A Graph-Based Customizable Handover Framework for LEO Satellite Networks

TL;DR

This paper introduces a graph-based handover framework for LEO satellite networks that optimizes handover timing and targets to improve QoS, using shortest path algorithms on a time-vertex graph.

Contribution

It proposes a novel graph-based approach that considers handover timing and target selection to enhance QoS in high-mobility LEO satellite networks.

Findings

Low complexity of the proposed framework

Performance advantages demonstrated through simulations

Effective management of handovers in Starlink constellation

Abstract

Future satellite networks are expected to have thousands of low Earth orbit (LEO) satellites orbiting Earth at very high speeds.
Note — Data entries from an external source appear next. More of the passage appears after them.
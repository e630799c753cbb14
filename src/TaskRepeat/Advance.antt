-- ===== src/TaskRepeat/Advance.antt =====
-- `Advance`, `Skip` and `Fit` on the tables that they read and write. A transaction that fails
-- leaves the tables as they were, so an error carries none.
pub mod Series
pub mod Lapse
use text.Mathlib.Text.{◌==◌ as str_eq}
use sajni_api.Prelude.{
  ℕ, zero, suc, ◌+◌, ◌-◌, ◌*◌, ◌/◌, ◌%◌, ◌==◌, Bool, true, false, not, ◌&&◌, ◌||◌, Option, none,
  some, List, [], ◌∷◌, ◌++◌, String, ltb, max, if◌then◌else◌, Result, ok, err, map, ◌>>=◌,
}
use sajni_api.Prelude.Int.{ℤ, pos, pos_part, neg_part}
use sajni_api.Calendar.{date, year, month as month_of, weekday, days_between}
use sajni_api.Calendar.Text.{Text, text_eq, format_date}
use sajni_api.Calendar.Zone.{Zone, utc, day_length, local_day, clock, at}
use sajni_api.Reminder.Rule.{Rule, no_rule, recurring}
use sajni_api.Reminder.Next.{Outcome, occurs, ended, panics}
use sajni_api.TaskRepeat.Rules.{
  Kind, day, week, month, Scope, anchor, Error, not_found, not_repeating, panicked, normalize, next,
}

-- An entry of the steps; `rest` is its other fields.
pub record Step : Type 0 where
  pub text : Text
  pub done : Bool
  pub rest : Text

-- The columns of `tasks` that this package or internal/plan reads or writes; no steps are unreadable
-- ones.
pub record Task : Type 0 where
  pub id : ℕ
  pub plan_id : Option ℕ
  pub user_id : String
  pub title : Text
  pub status : String
  pub due_date : Option Text
  pub week_of : Option Text
  pub month_of : Option Text
  pub scheduled_at : Option ℕ
  pub remind : Bool
  pub recurrence : Rule
  pub steps : Option (List Step)
  pub reminded_at : Option ℕ
  pub reminder_claimed_until : Option ℕ

-- `task_due_history`, `task_events` and `task_reminders`.
pub record Due : Type 0 where
  pub user_id : String
  pub task_id : ℕ
  pub due_date : Text
  pub outcome : String

pub record Event : Type 0 where
  pub user_id : String
  pub task_id : ℕ
  pub kind : String
  pub from_val : Text
  pub to_val : Text

pub record TaskReminder : Type 0 where
  pub id : ℕ
  pub user_id : String
  pub task_id : ℕ
  pub remind_at : ℕ
  pub sent_at : Option ℕ
  pub claimed_until : Option ℕ

pub record Store : Type 0 where
  pub tasks : List Task
  pub history : List Due
  pub events : List Event
  pub reminders : List TaskReminder

pub record Moved : Type 0 where
  pub id : ℕ
  pub user_id : String
  pub title : Text
  pub from : Text
  pub to : Text
  pub blocked : Bool
  pub scheduled_at : Option ℕ
  pub remind : Bool
  pub reminders : List (ℕ × ℕ)

-- `WHERE id=$1 AND user_id=$2`
unfoldable pub is_row : String → ℕ → Task → Bool
is_row uid id task = (task.id == id) && str_eq task.user_id uid

unfoldable pub find_task : String → ℕ → List Task → Option Task
find_task uid id [] = none
find_task uid id (task ∷ tasks) = if is_row uid id task then some task else find_task uid id tasks

unfoldable pub update_task : String → ℕ → (Task → Task) → List Task → List Task
update_task uid id f [] = []
update_task uid id f (task ∷ tasks) =
    (if is_row uid id task then f task else task) ∷ update_task uid id f tasks

-- `sql.NullString`'s String
abbrev pub string : Option Text → Text
string none = []
string (some text) = text

unfoldable pub scope : Task → Scope
scope task = record {
  due = string task.due_date;
  week = string task.week_of;
  month = string task.month_of;
}

-- `dateOf`, and `maxDate` of midnights.
unfoldable pub date_of : Zone → ℕ → ℕ
date_of loc t = at utc (local_day loc t) 0

-- The last instant that a lapse needs behind it: the start of the day, the week or the month.
unfoldable pub not_before : Kind → ℕ → ℕ
not_before day today = today
not_before week today = let d = local_day utc today in at utc (d - (weekday d + 6) % 7) 0
not_before month today = let d = local_day utc today in at utc (date (year d) (month_of d) 1) 0

-- `shiftDays`: the seconds of the clock time are kept, their fraction is not.
unfoldable pub shift_days : Zone → ℤ → ℕ → ℕ
shift_days loc days t =
    at loc (local_day loc t + pos_part days - neg_part days) (clock loc t / 1000000000 * 1000000000)

unfoldable pub untick : Option (List Step) → List Step
untick none = []
untick (some steps) = map {A = Step} (λ s. record s { done = false }) steps

-- The insert into `task_due_history`, where there is no row of the day.
unfoldable pub has_row : String → ℕ → Text → List Due → Bool
has_row uid id from [] = false
has_row uid id from (row ∷ rows) =
    (str_eq row.user_id uid && (row.task_id == id) && text_eq row.due_date from)
    || has_row uid id from rows

unfoldable pub insert_missed : String → ℕ → Text → List Due → List Due
insert_missed uid id from rows =
    if has_row uid id from rows
    then rows
    else rows ++ record { user_id = uid; task_id = id; due_date = from; outcome = "missed" } ∷ []

-- The rows of `task_reminders` of the task, at their new times, and the loop that writes them.
unfoldable pub moved_reminders : Zone → ℤ → String → ℕ → List TaskReminder → List (ℕ × ℕ)
moved_reminders loc days uid id [] = []
moved_reminders loc days uid id (row ∷ rows) =
    let rest = moved_reminders loc days uid id rows in
    if (row.task_id == id) && str_eq row.user_id uid
    then (row.id, shift_days loc days row.remind_at) ∷ rest
    else rest

unfoldable pub write_reminder : ℕ × ℕ → TaskReminder → TaskReminder
write_reminder (rid, time) row =
    if row.id == rid
    then record row { remind_at = time; sent_at = none; claimed_until = none }
    else row

unfoldable pub write_reminders : List (ℕ × ℕ) → List TaskReminder → List TaskReminder
write_reminders [] rows = rows
write_reminders (moved ∷ more) rows = write_reminders more (map (write_reminder moved) rows)

-- The statuses and the event that `Advance` writes.
unfoldable pub new_status : String → String
new_status status = if str_eq status "blocked" then "blocked" else "todo"

unfoldable pub event_of : Bool → String → String
event_of skip status =
    if skip then "skipped" else if not (str_eq status "done") then "missed" else "repeated"

abbrev pub only : Kind → Kind → Text → Option Text
only day day to = some to
only week week to = some to
only month month to = some to
only _ _ to = none

abbrev pub is_day : Kind → Bool
is_day day = true
is_day _ = false

unfoldable pub new_scheduled : Zone → Kind → ℤ → Option ℕ → Option ℕ
new_scheduled loc day days (some t) = some (shift_days loc days t)
new_scheduled loc day days none = none
new_scheduled loc week days scheduled = none
new_scheduled loc month days scheduled = none

-- The update of the row.
unfoldable pub moved_row : Zone → Kind → ℕ → ℕ → Task → Task
moved_row loc kind from to task =
    let text = format_date (local_day utc to) in
    record task {
      due_date = only day kind text;
      week_of = only week kind text;
      month_of = only month kind text;
      scheduled_at =
          new_scheduled loc kind (days_between (local_day utc to) (local_day utc from))
            task.scheduled_at;
      status = new_status task.status;
      steps = some (untick task.steps);
      reminded_at = none;
      reminder_claimed_until = none;
    }

-- `Advance` past the guards: the writes, and what it returns.
unfoldable pub write_move : Zone → Bool → String → ℕ → Kind → ℕ → ℕ → Task → Store → Moved × Store
write_move loc skip uid id kind from to task s =
    let from_text = format_date (local_day utc from) in
    let to_text = format_date (local_day utc to) in
    let days = days_between (local_day utc to) (local_day utc from) in
    let event = event_of skip task.status in
    let moved = moved_reminders loc days uid id s.reminders in
    (
      record {
        id = id;
        user_id = uid;
        title = task.title;
        from = from_text;
        to = to_text;
        blocked = str_eq task.status "blocked";
        scheduled_at = new_scheduled loc kind days task.scheduled_at;
        remind = task.remind;
        reminders = moved;
      },
      record {
        tasks = update_task uid id (moved_row loc kind from to) s.tasks;
        history =
            if str_eq event "missed" && is_day kind
            then insert_missed uid id from_text s.history
            else s.history;
        events =
            s.events
            ++ record {
              user_id = uid;
              task_id = id;
              kind = event;
              from_val = from_text;
              to_val = to_text;
            }
              ∷ [];
        reminders = write_reminders moved s.reminders;
      },
    )

-- The date that the move must reach: skipping moves past the task's own day.
unfoldable pub skip_before : Bool → Kind → ℕ → ℕ → ℕ
skip_before skip kind from earliest =
    if skip && is_day kind then max earliest (from + day_length) else earliest

-- `none` is the return with false, where nothing is written.
abbrev pub Answer : Type 0
Answer = Result Error (Option (Moved × Store))

unfoldable pub advance_from : Zone → Bool → String → ℕ → ℕ → Task → Store → Kind × ℕ → Answer
advance_from loc skip uid id today task s (kind, start) =
    let from = at utc start 0 in
    let earliest = not_before kind (date_of loc today) in
    if not skip && not (ltb from earliest)
    then ok none
    else elim (next task.recurrence kind from (skip_before skip kind from earliest)) [
      | ended ↦ ok none
      | panics ↦ err panicked
      | occurs to ↦ ok (some (write_move loc skip uid id kind from to task s))
    ]

unfoldable pub advance_task : Zone → Bool → String → ℕ → ℕ → Task → Store → Answer
advance_task loc skip uid id today task s =
    if not (recurring task.recurrence) || str_eq task.status "scratched"
    then ok none
    else elim (anchor (scope task)) [
      | none ↦ ok none
      | some start ↦ advance_from loc skip uid id today task s start
    ]

-- `Advance`, at the time `today` in the user's zone `loc`.
unfoldable pub advance : Zone → Bool → String → ℕ → ℕ → Store → Answer
advance loc skip uid id today s = elim (find_task uid id s.tasks) [
  | none ↦ err not_found
  | some task ↦ advance_task loc skip uid id today task s
]

-- `Skip`; the queue that it arms is not part of the tables.
unfoldable pub skip : Zone → String → ℕ → ℕ → Store → Result Error (Moved × Store)
skip loc uid id now s = elim (advance loc true uid id now s) [
  | err e ↦ err e
  | ok none ↦ err not_repeating
  | ok (some moved) ↦ ok moved
]

-- `Encode`: the stored form of a rule that does not repeat is the empty one.
unfoldable pub encode : Rule → Rule
encode rule = if recurring rule then rule else no_rule

-- `Fit`. The write of an unchanged rule, which the source leaves out, changes nothing.
abbrev pub or_none : Result Error Rule → Rule
or_none (ok rule) = encode rule
or_none (err e) = no_rule

unfoldable pub fit_rule : Task → Option Rule → Result Error Rule
fit_rule task none = ok (or_none (normalize task.recurrence (scope task)))
fit_rule task (some rule) = normalize rule (scope task) >>= λ r. ok (encode r)

unfoldable pub fit : String → ℕ → Option Rule → Store → Result Error Store
fit uid id rule s = elim (find_task uid id s.tasks) [
  | none ↦ err not_found
  | some task ↦ fit_rule task rule >>= λ r.
      ok (record s { tasks = update_task uid id (λ t. record t { recurrence = r }) s.tasks })
]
User equipment (UE) communicating directly with LEO satellites will experience frequent handovers. Managing the handover process is complicated due to the high frequency of handovers and the availability of multiple LEO satellites as handover targets. In addition, as the status of the communication link between a UE and an LEO satellite varies in accordance with the visibility period of the satellite, initiating handovers at the right time will significantly affect the quality of service (QoS) of the communication provided. To address this problem, this work proposes a graph-based customizable handover framework that considers both the handover timing and target while selecting a handover sequence that maintains QoS. A time-based graph is designed where the vertices represent the satellites' instances over a certain period of time and the edges' weights are the customizable handover criteria (i.e., data rate and delay in this work). The appropriate sequence and timing of handovers that fulfill the required QoS are obtained by finding the shortest path in the graph. Discussion and simulations, which were conducted on the Starlink Phase I constellation, show the low complexity and performance advantages of the proposed handover framework.